GigaCloud reports strong Q3, gives outlook on potential tariff impacts


Company says it is beating industry headwinds due to explosive growth in B2B marketplace.

EL MONTE, Calif. — GigaCloud Technology, a provider of B2B technology solutions for large parcel merchandise including furniture, reported a robust third quarter with significant top line revenue growth in addition to strength across other key financial metrics.

The company’s total revenue for the quarter was reported at $303.3 million, a 70.2% increase from $178.2 million in the third quarter of 2023, with net income reaching a record-high of $40.7 million, marking a 68.2% growth from $24.2 million a year prior.

GigaCloud’s gross profit for the quarter was $77.3 million, a 58.1% increase from the prior year, with a gross margin of 25.5%. Net income margin slightly decreased to 13.4% from 13.6% in the 2023 period, reflecting the company’s investments in growth and efficiency.

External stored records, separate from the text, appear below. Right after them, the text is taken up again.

-- ===== src/Slave/Rounds/Filling.antt =====
-- The filling loops: one round more than there are clients is enough, and they end when nothing is left.
use slg.Base.{
  ℕ, zero, suc, ◌+◌, ◌≤◌, ◌<◌, ◌≡◌, refl, ap, List, [], ◌∷◌, true, false, arith, lt→ltb, length,
  count-cons,
}
use slg.Base.Outcome.{ok}
use slg.Circular.{CircularBuffer}
use slg.Circular.Refine.{length-contents}
use slg.Slave.{System}
use slg.Slave.Queues.{Queues, get_circ-Takes, length-map-pos}
use slg.Slave.Writer.{writer_take}
use slg.Slave.Reader.{reader_take}
use slg.Slave.Invariant.{Owned}
use slg.Slave.Invariant.Moves.{writer_has-Owned, reader_has-Owned}
use slg.Slave.Invariant.Steps.{fd_of_reader}
use slg.Slave.Threads.{Kept, Kept-refl, Kept-trans, here, next, writer_takes, reader_takes}
use slg.Slave.Rounds.{fill}

-- No more numbers are in a buffer than it was made for.
pub Queues-le : (n : ℕ) (ids : List ℕ) (cb : CircularBuffer) → Queues n ids cb → length ids ≤ n
Queues-le n ids cb q =
    ground (arith, length-contents cb, ap length q.holds, length-map-pos ids, q.sized)

pub writer_take-empty : (s : System) (rs : List ℕ) → Owned s [] rs → writer_take s ≡ ok (s, false)
unfolding writer_take
writer_take-empty s rs o =
    let (r, e, t) = get_circ-Takes s.config.nb_clients [] s.to_write_buffer o.write_queue in
    rw (e, t.0) refl

pub writer_take-next :
    (s : System) (i : ℕ) (ws rs : List ℕ)
    → Owned s (i ∷ ws) rs
    → (t : System) × (writer_take s ≡ ok (t, true)) × (t.config ≡ s.config) × Owned t ws rs
unfolding writer_take
writer_take-next s i ws rs o =
    let (r, e, t) = get_circ-Takes s.config.nb_clients (i ∷ ws) s.to_write_buffer o.write_queue in
    (
      _,
      rw (e, t.0, lt→ltb i s.config.nb_clients o.write_below.0) refl,
      refl,
      writer_has-Owned s i ws rs r.1 o t.1,
    )

pub reader_take-empty : (s : System) (ws : List ℕ) → Owned s ws [] → reader_take s ≡ ok (s, false)
unfolding reader_take
reader_take-empty s ws o =
    let (r, e, t) = get_circ-Takes s.config.nb_clients [] s.to_read_buffer o.read_queue in
    rw (e, t.0) refl

pub reader_take-next :
    (s : System) (i : ℕ) (ws rs : List ℕ)
    → Owned s ws (i ∷ rs)
    → (t : System) × (reader_take s ≡ ok (t, true)) × (t.config ≡ s.config) × Owned t ws rs
unfolding reader_take
reader_take-next s i ws rs o =
    let (r, e, t) = get_circ-Takes s.config.nb_clients (i ∷ rs) s.to_read_buffer o.read_queue in
    let (fd, h, _) = fd_of_reader (s.all_clients i) (
      o.with_reader i o.read_below.0
        (ground (arith, o.once i o.read_below.0, count-cons i i rs))) in
    (
      _,
      rw (e, t.0, lt→ltb i s.config.nb_clients o.read_below.0, h) refl,
      refl,
      reader_has-Owned s i fd ws rs r.1 o t.1,
    )

writer_fill :
    (fuel : ℕ) (s : System) (ws rs : List ℕ)
    → length ws < fuel
    → Owned s ws rs
    → (t : System) × (fill writer_take fuel s ≡ ok (t, false)) × Kept s t × Owned t [] rs
unfolding fill
writer_fill zero s ws rs h o = absurd (omega arith)
writer_fill (suc k) s [] rs h o = (
  s,
  rw (fill, writer_take-empty s rs o) refl,
  Kept-refl (record { ws = []; rs = rs; owned = o }),
  o,
)
writer_fill (suc k) s (i ∷ ws) rs h o =
    let (t, e, c, o') = writer_take-next s i ws rs o in
    let (u, e', kept, o'') = writer_fill k t ws rs (omega arith) o' in
    (
      u,
      rw (fill, e, e') refl,
      Kept-trans
          (record {
            inv = record { ws = ws; rs = rs; owned = o' };
            config = c;
            reached = next here (writer_takes true e);
          })
          kept,
      o'',
    )

reader_fill :
    (fuel : ℕ) (s : System) (ws rs : List ℕ)
    → length rs < fuel
    → Owned s ws rs
    → (t : System) × (fill reader_take fuel s ≡ ok (t, false)) × Kept s t × Owned t ws []
unfolding fill
reader_fill zero s ws rs h o = absurd (omega arith)
reader_fill (suc k) s ws [] h o = (
  s,
  rw (fill, reader_take-empty s ws o) refl,
  Kept-refl (record { ws = ws; rs = []; owned = o }),
  o,
)
reader_fill (suc k) s ws (i ∷ rs) h o =
    let (t, e, c, o') = reader_take-next s i ws rs o in
    let (u, e', kept, o'') = reader_fill k t ws rs (omega arith) o' in
    (
      u,
      rw (fill, e, e') refl,
      Kept-trans
          (record {
            inv = record { ws = ws; rs = rs; owned = o' };
            config = c;
            reached = next here (reader_takes true e);
          })
          kept,
      o'',
    )

-- When nothing else moves clients, the filling loop of either thread ends within one round more than
-- there are clients, stops for no reason, and leaves its buffer empty; the thread then has each client
-- that was in it, and the other buffer is as it was. The states in
-- between are ones that the threads reach.
pub fill-ends :
    (s : System) (ws rs : List ℕ)
    → Owned s ws rs
    → ((t : System) × (fill writer_take (s.config.nb_clients + 1) s ≡ ok (t, false))
        × Kept s t
        × Owned t [] rs)
      × ((t : System) × (fill reader_take (s.config.nb_clients + 1) s ≡ ok (t, false))
          × Kept s t
          × Owned t ws [])
fill-ends s ws rs o = (
  writer_fill (s.config.nb_clients + 1) s ws rs
      (omega (arith, Queues-le s.config.nb_clients ws s.to_write_buffer o.write_queue)) o,
  reader_fill (s.config.nb_clients + 1) s ws rs
      (omega (arith, Queues-le s.config.nb_clients rs s.to_read_buffer o.read_queue)) o,
)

The company’s diluted earnings per share rose to 98 cents, up 66.1% from 59 cents in the same quarter last year.

For the first nine months of 2024, GigaCloud’s financial performance was equally strong, with total revenues of $865.3 million, an 88.5% increase from the same period in 2023. Year-to-date net income stood at $94.8 million, a 62.1% increase from $58.5 million in the comparable period last year.

It also reported a 41.4% increase in cash and investments, totaling $260.5 million as of Sept. 30.

Larry Wu

Larry Wu, GigaCloud founder, chairman and CEO, highlighted the company’s resilience in a challenging market. “GigaCloud’s continued growth across all metrics, despite strong industry headwinds, underscores the strength and resilience of our Supplier Fulfilled Retail (SFR) model.”

Wu attributed much of the company’s success to its commitment to innovating the global supply chain for large-parcel merchandise. “We are optimistic about the transformative potential of digitizing the global supply chain for large-parcel merchandise and remain focused on managing near-term sector challenges as we position GigaCloud for sustained, profitable long-term growth,” he added.

Looking ahead at the fourth quarter, GigaCloud anticipates revenues between $275 million and $290 million, reflecting the company’s current outlook on market conditions. The company says that this projected growth aligns with its broader strategy to expand its B2B marketplace.

Marketplace strength

The company’s active 3P (third-party) seller base grew by 41.8%, totaling 1,051 sellers by the end of September. Active buyers increased by 85.5% to 8,535, with a spend per active buyer of $144,534 over the past 12 months. The GigaCloud Marketplace’s GMV grew by 80.2% year-over-year, reaching $1.23 billion.

Erica Wei

Erica Wei, interim chief financial officer, noted that the company hopes to continue shifting much of its off-platform revenue (including product sold on common marketplaces like Amazon and Wayfair, as well as revenue streams from earlier acquisition Noble House) into its first-party revenue streams.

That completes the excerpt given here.